Lompat ke isi utama

Berita

Bawaslu Kota Bukittinggi Perkuat Kelembagaan Pengawas Pemilu Pasca Putusan MK

kelembagaan 2

Bawaslu Kota Bukittinggi menggelar kegiatan Penguatan Kelembagaan Pengawas Pemilu di Rocky Hotel Bukittinggi dengan tema “Eksistensi dan Peran Strategis Bawaslu Menghadapi Pemilu Pasca Putusan Mahkamah Konstitusi Nomor: 135/PUUXXII/2024".

Bukittinggi, Bawaslu - Bawaslu Kota Bukittinggi menggelar kegiatan Penguatan Kelembagaan Pengawas Pemilu di Rocky Hotel Bukittinggi, Senin (11/8/2025). Kegiatan ini mengusung tema “Eksistensi dan Peran Strategis Bawaslu Menghadapi Pemilu Pasca Putusan Mahkamah Konstitusi Nomor: 135/PUUXXII/2024.”

kelembagaan 1

Perubahan Signifikan Pasca Putusan MK bahwa Putusan MK Nomor 135/PUUXXII/2024 membawa perubahan mendasar terhadap desain Pemilu di Indonesia. Putusan tersebut memisahkan pelaksanaan Pemilu menjadi dua kategori, yakni Pemilu Nasional dan Pemilu Lokal, dengan jeda waktu dua tahun.

Bawaslu Kota Bukittinggi memandang penting untuk merespons dinamika tersebut melalui penguatan kelembagaan dan pemahaman kolektif, serta memastikan posisi dan fungsi Bawaslu di tingkat kabupaten/kota tetap kokoh dalam arus transformasi sistem kepemiluan nasional. Hal ini menjadi semakin penting mengingat peran Bawaslu kabupaten/kota bersinggungan langsung dengan pelaksanaan pengawasan teknis di wilayah dan membutuhkan kejelasan dalam hal regulasi, dukungan struktural, serta sinergi antar lembaga.

Acara dibuka oleh Ketua Bawaslu Kota Bukittinggi, Ruzi Haryadi, didampingi oleh Anggota Bawaslu Kota Bukittinggi, Plt. Koordinator Sekretariat serta dihadiri jajaran sekretariat Bawaslu Kota Bukittinggi. 

Dalam sambutannya, Ruzi Hariyadi menegaskan bahwa pemisahan ini diharapkan membuat pelaksanaan Pemilu lebih fokus dan tidak terburu-buru seperti Pemilu serentak sebelumnya. Namun, di sisi lain, terdapat tantangan baru yang harus diantisipasi, khususnya dalam aspek pengawasan dan kesiapan kelembagaan,” jelas Ruzi.
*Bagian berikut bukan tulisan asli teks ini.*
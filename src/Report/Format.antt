-- ===== src/Report/Format.antt =====
-- report/format.go: the output formats and the parser of their names.
use copyfail_validation.Base.{◌∷◌, ◌++◌, Bool, true, false, ◌≡◌, ◌↔◌, refl, arith, if◌then◌else◌}
use copyfail_validation.Text.{Text, codes, equal, to_lower}
use copyfail_validation.Text.Laws.{equal_iff}
use copyfail_validation.Errors.{Error, Try, ok, err, is, unknown_format, sentinel, quoted, lit}

-- The string type Format: its constants, and any other value.
pub data Format : Type 0 where
  human json sarif prometheus : Format
  other : Text → Format

abbrev pub format_text : Format → Text
format_text human = codes "human"
format_text json = codes "json"
format_text sarif = codes "sarif"
format_text prometheus = codes "prometheus"
format_text (other t) = t

abbrev pub unknown : Text → Error
unknown s = sentinel unknown_format (
    lit "unknown report format: "
    ++ quoted s ∷ lit " (want one of: human, json, sarif, prometheus)")

-- The switch of ParseFormat on the name in lower case.
unfoldable pub format_named : Text → Text → Try Format
format_named s name =
    if equal name (codes "human")
    then ok human
    else if equal name (codes "json")
    then ok json
    else if equal name (codes "sarif")
    then ok sarif
    else if equal name (codes "prometheus")
    then ok prometheus
    else err (unknown s)

unfoldable pub parse_format : Text → Try Format
unfolding format_named
parse_format s = format_named s (to_lower s)

abbrev pub is_known : Format → Bool
is_known (other t) = false
is_known _ = true

named_sound :
    (s name : Text) (f : Format)
    → format_named s name ≡ ok f
    → (is_known f ≡ true) × (name ≡ format_text f)
unfolding format_named
named_sound s name f h = ground (
  arith,
  equal_iff name (codes "human"),
  equal_iff name (codes "json"),
  equal_iff name (codes "sarif"),
  equal_iff name (codes "prometheus"),
)

named_complete : (s : Text) (f : Format) → is_known f ≡ true → format_named s (format_text f) ≡ ok f
unfolding format_named equal
named_complete s human h = refl
named_complete s json h = refl
named_complete s sarif h = refl
named_complete s prometheus h = refl
named_complete s (other t) h = absurd (cc)

-- ParseFormat returns a format exactly for the name of one of the four in upper, lower or mixed
-- case; any error of it wraps ErrUnknownFormat.
pub parse_format_iff :
    (s : Text) (f : Format) (e : Error)
    → ((parse_format s ≡ ok f) ↔ ((is_known f ≡ true) × (to_lower s ≡ format_text f)))
      × (parse_format s ≡ err e → is e unknown_format ≡ true)
unfolding parse_format is
parse_format_iff s f e =
    ((named_sound s (to_lower s) f, λ (k, q). rw q (named_complete s f k)), ground arith)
Staf Ahli Pemko Bukittinggi yang mewakili Walikota Bukittinggi, Drs. Johni juga hadir dalam acara tersebut dan menyampaikan bahwa keputusan MK bersifat final mengikat dan harus dilaksanakan. 

Ia berharap bahwa wajah baru dalam pemilu dapat memberikan angin segar dalam meningkatkan siklus demokrasi dan memperkuat lembaga pengawas pemilu.
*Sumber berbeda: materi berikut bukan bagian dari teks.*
-- ===== src/Cli/Flags.antt =====
-- cmd/copyfail-validate/flags.go: from the arguments and the environment to the options. What
-- package flag makes of the arguments, given the defaults, is a parameter, as is
-- time.ParseDuration.
use copyfail_validation.Base.{
  zero, suc, ◌+◌, ◌-◌, ◌*◌, ◌^◌, ◌==◌, List, [], ◌∷◌, ◌++◌, Bool, true, false, not, ◌&&◌, ◌||◌,
  Option, none, some, if◌then◌else◌, ◌≡◌, ◌⊎◌, inl, inr, arith, ap, sym, is_empty, Bool-cases,
}
use copyfail_validation.Base.Int.{ℤ, pos, negsuc}
use copyfail_validation.Text.{Text, codes, equal, to_lower}
use copyfail_validation.Text.Number.{parsed, refused, parse_int}
use copyfail_validation.Errors.{
  Error, Try, ok, err, help_or_version, flag_conflict, flag_parse, help, is, sentinel, quoted, lit,
  num_error, wrap,
}
use copyfail_validation.Report.Format.{Format, parse_format, is_known, parse_format_iff}
use copyfail_validation.Cli.Filter.{parse_csv_filter}

pub record Options : Type 0 where
  pub format : Format
  pub output : Text
  pub module_name : Text
  pub conf : Text
  pub only : List Text
  pub skip : List Text
  pub timeout : ℤ
  pub concurrency : ℤ
  pub verbosity : ℤ
  pub no_color : Bool

pub record EnvDefaultValues : Type 0 where
  pub format_str : Text
  pub module_name : Text
  pub conf : Text
  pub timeout : ℤ

-- os.Getenv, which is empty where a variable is not set.
abbrev pub Environment : Type 0
Environment = Text → Text

abbrev pub ParseDuration : Type 0
ParseDuration = Text → Try ℤ

abbrev pub default_per_check_timeout : ℤ
default_per_check_timeout = pos (30 * 10 ^ 9)

abbrev or_default : Text → Text → Text
or_default v fallback = if is_empty v then fallback else v

abbrev timeout_of : ParseDuration → Text → ℤ
timeout_of parse_duration v =
    if is_empty v
    then default_per_check_timeout
    else elim (parse_duration v) [ ok d ↦ d | err e ↦ default_per_check_timeout ]

unfoldable pub read_env_defaults : ParseDuration → Environment → EnvDefaultValues
read_env_defaults parse_duration env = record {
  format_str = env (codes "COPYFAIL_FORMAT");
  module_name = or_default (env (codes "COPYFAIL_MODULE")) (codes "algif_aead");
  conf = or_default (env (codes "COPYFAIL_CONF")) (codes "/etc/modprobe.d/disable-algif-aead.conf");
  timeout = timeout_of parse_duration (env (codes "COPYFAIL_TIMEOUT"));
}

-- `*v++` on a 64-bit int.
unfoldable pub increment : ℤ → ℤ
increment (pos n) = if n + 1 == 2 ^ 63 then negsuc (2 ^ 63 - 1) else pos (n + 1)
increment (negsuc zero) = pos 0
increment (negsuc (suc n)) = negsuc n

-- verbosityCount.Set: the error, if any, and the count it leaves.
unfoldable pub set_verbosity : ℤ → Text → Option Error × ℤ
unfolding increment
set_verbosity v s =
    if equal (to_lower s) (codes "true")
    then (none, increment v)
    else if equal (to_lower s) (codes "false")
    then (none, pos 0)
    else elim (parse_int s) [
      | parsed n ↦ (none, n)
      | refused e ↦ (
        some (wrap (lit "verbosity: parse " ++ quoted s ∷ lit ": strconv.Atoi: ") (num_error s e)),
        v,
      )
    ]

-- The variables that the flags are bound to.
pub record Flags : Type 0 where
  pub format_str : Text
  pub output : Text
  pub timeout : ℤ
  pub concurrency : ℤ
  pub module_name : Text
  pub conf : Text
  pub skip_csv : Text
  pub only_csv : Text
  pub no_color : Bool
  pub version : Bool
  pub verbosity : ℤ

unfoldable pub initial_flags : EnvDefaultValues → Flags
initial_flags d = record {
  format_str = d.format_str;
  output = codes "-";
  timeout = d.timeout;
  concurrency = pos 0;
  module_name = d.module_name;
  conf = d.conf;
  skip_csv = [];
  only_csv = [];
  no_color = false;
  version = false;
  verbosity = pos 0;
}

-- fs.Parse: the variables after the arguments, or an error.
abbrev pub FlagSet : Type 0
FlagSet = Flags → List Text → Try Flags

-- autoDetectFormat: whether os.Stdout.Stat shows a character device.
unfoldable pub auto_detect_format : Try Bool → Text
auto_detect_format (err e) = codes "json"
auto_detect_format (ok true) = codes "human"
auto_detect_format (ok false) = codes "json"

unfoldable pub chosen_format : Try Bool → Flags → Text
unfolding auto_detect_format
chosen_format stdout f = if is_empty f.format_str then auto_detect_format stdout else f.format_str

-- fmt.Errorf of `%w: %w` with errFlagParse in front.
abbrev pub parse_error : Error → Error
parse_error e = record {
  message = lit "flags: parse error: " ++ e.message;
  chain = flag_parse ∷ e.chain;
}

abbrev conflict : Error
conflict = sentinel flag_conflict (lit "flags: --only and --skip are mutually exclusive")

abbrev requested : Error
requested = sentinel help_or_version (lit "flags: help or version requested")

abbrev options_of : Flags → Format → List Text → List Text → Options
options_of f format only skip = record {
  format = format;
  output = f.output;
  module_name = f.module_name;
  conf = f.conf;
  only = only;
  skip = skip;
  timeout = f.timeout;
  concurrency = f.concurrency;
  verbosity = f.verbosity;
  no_color = f.no_color;
}

unfoldable pub with_filters : Flags → Format → Try (List Text) → Try (List Text) → Try Options
with_filters f format (err e) skip = err e
with_filters f format (ok only) (err e) = err e
with_filters f format (ok only) (ok skip) =
    if not (is_empty only) && not (is_empty skip)
    then err conflict
    else ok (options_of f format only skip)

unfoldable pub with_format : Flags → Try Format → Try Options
unfolding with_filters
with_format f (err e) = err (parse_error e)
with_format f (ok format) =
    with_filters f format (parse_csv_filter f.only_csv (codes "only"))
      (parse_csv_filter f.skip_csv (codes "skip"))

unfoldable pub after_parse : Try Bool → Try Flags → Try Options
unfolding with_format chosen_format
after_parse stdout (err e) = err (parse_error e)
after_parse stdout (ok f) =
    let options = with_format f (parse_format (chosen_format stdout f)) in
    if f.version then err requested else options

unfoldable pub parse_flags :
    FlagSet → ParseDuration → Environment → Try Bool → List Text → Try Options
unfolding after_parse initial_flags read_env_defaults
parse_flags fs parse_duration env stdout argv =
    after_parse stdout (fs (initial_flags (read_env_defaults parse_duration env)) argv)

unfoldable pub is_help_or_version_exit : Option Error → Bool
unfolding is
is_help_or_version_exit none = false
is_help_or_version_exit (some e) = is e help_or_version || is e help

with_filters-exclusive :
    (f : Flags) (format : Format) (only skip : Try (List Text)) (o : Options)
    → with_filters f format only skip ≡ ok o
    → ((o.only ≡ []) ⊎ (o.skip ≡ [])) × (o.format ≡ format)
unfolding with_filters
with_filters-exclusive f format (err e) skip o h = absurd (cc)
with_filters-exclusive f format (ok only) (err e) o h = absurd (cc)
with_filters-exclusive f format (ok []) (ok skip) o h = ground (arith, h)
with_filters-exclusive f format (ok (x ∷ only)) (ok []) o h = ground (arith, h)
with_filters-exclusive f format (ok (x ∷ only)) (ok (y ∷ skip)) o h = absurd (ground (arith, h))

with_format-exclusive :
    (f : Flags) (format : Try Format) (o : Options)
    → with_format f format ≡ ok o
    → ((o.only ≡ []) ⊎ (o.skip ≡ [])) × (format ≡ ok o.format)
unfolding with_format
with_format-exclusive f (err e) o h = absurd (cc)
with_format-exclusive f (ok format) o h =
    let (x, q) =
      with_filters-exclusive f format (parse_csv_filter f.only_csv (codes "only"))
        (parse_csv_filter f.skip_csv (codes "skip")) o h in
    (x, ap ok (sym q))

after_parse-exclusive :
    (stdout : Try Bool) (f : Try Flags) (o : Options)
    → after_parse stdout f ≡ ok o
    → ((o.only ≡ []) ⊎ (o.skip ≡ [])) × (is_known o.format ≡ true)
unfolding after_parse chosen_format
after_parse-exclusive stdout (err e) o h = absurd (cc)
after_parse-exclusive stdout (ok f) o h = elim (Bool-cases f.version) [
  | inl t ↦ absurd (cc (t, h))
  | inr n ↦
      let name = chosen_format stdout f in
      let (x, q) = with_format-exclusive f (parse_format name) o (rw n at h) in
      (x, ((parse_format_iff name o.format conflict).0.0 q).0)
]

-- Options that parseFlags returns never have both filters, and their format is one of the four.
pub parse_flags-exclusive :
    (fs : FlagSet) (parse_duration : ParseDuration) (env : Environment) (stdout : Try Bool)
    (argv : List Text) (o : Options)
    → parse_flags fs parse_duration env stdout argv ≡ ok o
    → ((o.only ≡ []) ⊎ (o.skip ≡ [])) × (is_known o.format ≡ true)
unfolding parse_flags
parse_flags-exclusive fs parse_duration env stdout argv o h =
    after_parse-exclusive stdout (fs (initial_flags (read_env_defaults parse_duration env)) argv) o
      h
Enam narasumber berkompeten dihadirkan yakni Koordinator Tenaga Ahli Komisi II DPR RI Abrar Amir, M.AP., Ketua Majelis Anggota Wilayah KIPP Sumbar Samaratul Fuad, Akademisi FH UNES Laurensius, Anggota Komisi II DPR RI Giri Ramanda Kiemas, Khairul Fahmi, serta Neni Nurhayati.
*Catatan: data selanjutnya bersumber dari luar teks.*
-- ===== src/Report/Registry.antt =====
-- report/writeto.go: the registry of renderers, and WriteTo. A renderer takes the writer and the
-- report, and returns the count of bytes and the error, with the writer as it leaves it. The lock
-- makes each operation one step.
use copyfail_validation.Base.{
  ℕ, List, [], ◌∷◌, ◌++◌, true, false, Option, none, some, ◌≡◌, ◌≢◌, refl, sym, ◌∙◌, arith,
  if◌then◌else◌, Bool-cases, inl, inr,
}
use copyfail_validation.Text.{Text, equal}
use copyfail_validation.Text.Laws.{equal_iff, equal_refl}
use copyfail_validation.Errors.{Error, Outcome, renderer_not_registered, sentinel, quoted, lit}
use copyfail_validation.Report.{Report}
use copyfail_validation.Report.Format.{Format, format_text, is_known, unknown}

module _ (W : Type 0) where
  abbrev pub Renderer : Type 0
  Renderer = W → Report → Outcome ℕ × W

  -- The map; the key of an entry is the string of its format.
  abbrev pub Registry : Type 0
  Registry = List (Text × Renderer)

unfoldable pub renderer_for : {W : Type 0} → Text → Registry W → Option (Renderer W)
renderer_for k [] = none
renderer_for k ((j, r) ∷ m) = if equal j k then some r else renderer_for k m

unfoldable pub put : {W : Type 0} → Text → Renderer W → Registry W → Registry W
put k r [] = (k, r) ∷ []
put k r ((j, q) ∷ m) = if equal j k then (k, r) ∷ m else (j, q) ∷ put k r m

-- Register
unfoldable pub register : {W : Type 0} → Format → Renderer W → Registry W → Registry W
unfolding put
register f r m = put (format_text f) r m

-- The copy of a map entry by entry, into an empty one.
unfoldable pub copy_onto : {W : Type 0} → Registry W → Registry W → Registry W
unfolding put
copy_onto out [] = out
copy_onto out ((k, r) ∷ m) = copy_onto (put k r out) m

-- SnapshotRenderers
unfoldable pub snapshot_renderers : {W : Type 0} → Registry W → Registry W
unfolding copy_onto
snapshot_renderers m = copy_onto [] m

-- RestoreRenderers: the registry that it leaves, whatever was there.
unfoldable pub restore_renderers : {W : Type 0} → Registry W → Registry W → Registry W
unfolding copy_onto
restore_renderers snapshot old = copy_onto [] snapshot

abbrev not_registered : Text → Error
not_registered k = sentinel renderer_not_registered (
    lit "no renderer registered for format: "
    ++ quoted k ∷ lit " (did you forget to import internal/render?)")

abbrev pub refuse : {W : Type 0} → W → Error → Outcome ℕ × W
refuse w e = (record { value = 0; err = some e }, w)

-- WriteTo
unfoldable pub write_to : {W : Type 0} → Registry W → Report → W → Format → Outcome ℕ × W
unfolding renderer_for
write_to m rep w f =
    if is_known f
    then elim (renderer_for (format_text f) m) [
      | some r ↦ r w rep
      | none ↦ refuse w (not_registered (format_text f))
    ]
    else refuse w (unknown (format_text f))

pub renderer_for-put :
    {W : Type 0} (k j : Text) (r : Renderer W) (m : Registry W)
    → renderer_for j (put k r m) ≡ (if equal k j then some r else renderer_for j m)
unfolding renderer_for put
renderer_for-put k j r [] = refl
renderer_for-put k j r ((i, q) ∷ m) =
    ground (arith, equal_iff k j, equal_iff i k, equal_iff i j, renderer_for-put k j r m)

renderer_for-put_ne :
    {W : Type 0} (k j : Text) (r : Renderer W) (m : Registry W)
    → k ≢ j
    → renderer_for j (put k r m) ≡ renderer_for j m
renderer_for-put_ne k j r m ne = ground (arith, renderer_for-put k j r m, equal_iff k j)

-- WriteTo after Register: the registered renderer runs for its own format, every other format is
-- written as before, and a value that is no format is refused with the writer untouched.
pub write_to-register :
    {W : Type 0} (m : Registry W) (r : Renderer W) (rep : Report) (w : W) (f g : Format)
    → is_known f ≡ true
    → (write_to (register f r m) rep w f ≡ r w rep)
      × (format_text g ≢ format_text f → write_to (register f r m) rep w g ≡ write_to m rep w g)
      × (is_known g ≡ false
          → write_to (register f r m) rep w g ≡ refuse w (unknown (format_text g)))
unfolding write_to register
write_to-register m r rep w f g k = (
  rw (k, renderer_for-put (format_text f) (format_text f) r m) (rw (equal_refl (format_text f))),
  λ ne. rw (renderer_for-put_ne (format_text f) (format_text g) r m (λ e. ne (sym e))),
  λ u. rw u,
)

-- A Go map has one entry for a key.
abbrev pub IsMap : {W : Type 0} → Registry W → Type 0
IsMap [] = Unit
IsMap ((k, r) ∷ m) = (renderer_for k m ≡ none) × IsMap m

pub put-IsMap :
    {W : Type 0} (k : Text) (r : Renderer W) (m : Registry W) → IsMap m → IsMap (put k r m)
unfolding put renderer_for
put-IsMap k r [] h = (refl, tt)
put-IsMap k r ((j, q) ∷ m) h = elim (Bool-cases (equal j k)) [
  | inl e ↦ rw e (rw ((equal_iff j k).0 e) at h.0, h.1)
  | inr e ↦ rw e (
    renderer_for-put_ne k j r m (λ q. cc (e, (equal_iff j k).1 (sym q))) ∙ h.0,
    put-IsMap k r m h.1,
  )
]

abbrev or_else : {A : Type 0} → Option A → Option A → Option A
or_else (some a) b = some a
or_else none b = b

renderer_for-copy_onto :
    {W : Type 0} (k : Text) (out m : Registry W)
    → IsMap m
    → renderer_for k (copy_onto out m) ≡ or_else (renderer_for k m) (renderer_for k out)
unfolding copy_onto renderer_for
renderer_for-copy_onto k out [] h = refl
renderer_for-copy_onto k out ((j, r) ∷ m) h = ground (
  arith,
  renderer_for-copy_onto k (put j r out) m h.1,
  renderer_for-put j k r out,
  equal_iff j k,
  h.0,
)

or_else-none : {A : Type 0} (o : Option A) → or_else o none ≡ o
or_else-none none = refl
or_else-none (some a) = refl

renderer_for-copy :
    {W : Type 0} (k : Text) (m : Registry W)
    → IsMap m
    → renderer_for k (copy_onto [] m) ≡ renderer_for k m
unfolding renderer_for
renderer_for-copy k m h = renderer_for-copy_onto k [] m h ∙ or_else-none (renderer_for k m)

copy_onto-IsMap : {W : Type 0} (out m : Registry W) → IsMap out → IsMap (copy_onto out m)
unfolding copy_onto
copy_onto-IsMap out [] h = h
copy_onto-IsMap out ((k, r) ∷ m) h = copy_onto-IsMap (put k r out) m (put-IsMap k r out h)

-- For a registry with one entry for a key, as a Go map has, a snapshot that is restored brings WriteTo
-- back to what it did when the snapshot was taken, for every report, writer and format, whatever the
-- registry had become in between.
pub write_to-restore_renderers :
    {W : Type 0} (m changed : Registry W) (rep : Report) (w : W) (f : Format)
    → IsMap m
    → write_to (restore_renderers (snapshot_renderers m) changed) rep w f ≡ write_to m rep w f
unfolding write_to restore_renderers snapshot_renderers
write_to-restore_renderers m changed rep w f h = rw (
    renderer_for-copy (format_text f) (copy_onto [] m) (copy_onto-IsMap [] m tt)
    ∙ renderer_for-copy (format_text f) m h)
Giat ini juga dihadiri oleh unsur Forkopimda, organisasi kemasyarakatan, akademisi, dan awak media. Total peserta yang hadir mencapai 90 orang.

Diakhir acara, seluruh peserta diharapkan dapat merumuskan rekomendasi yang dapat dijadikan catatan kelembagaan, baik untuk Bawaslu Kota Bukittinggi maupun secara nasional.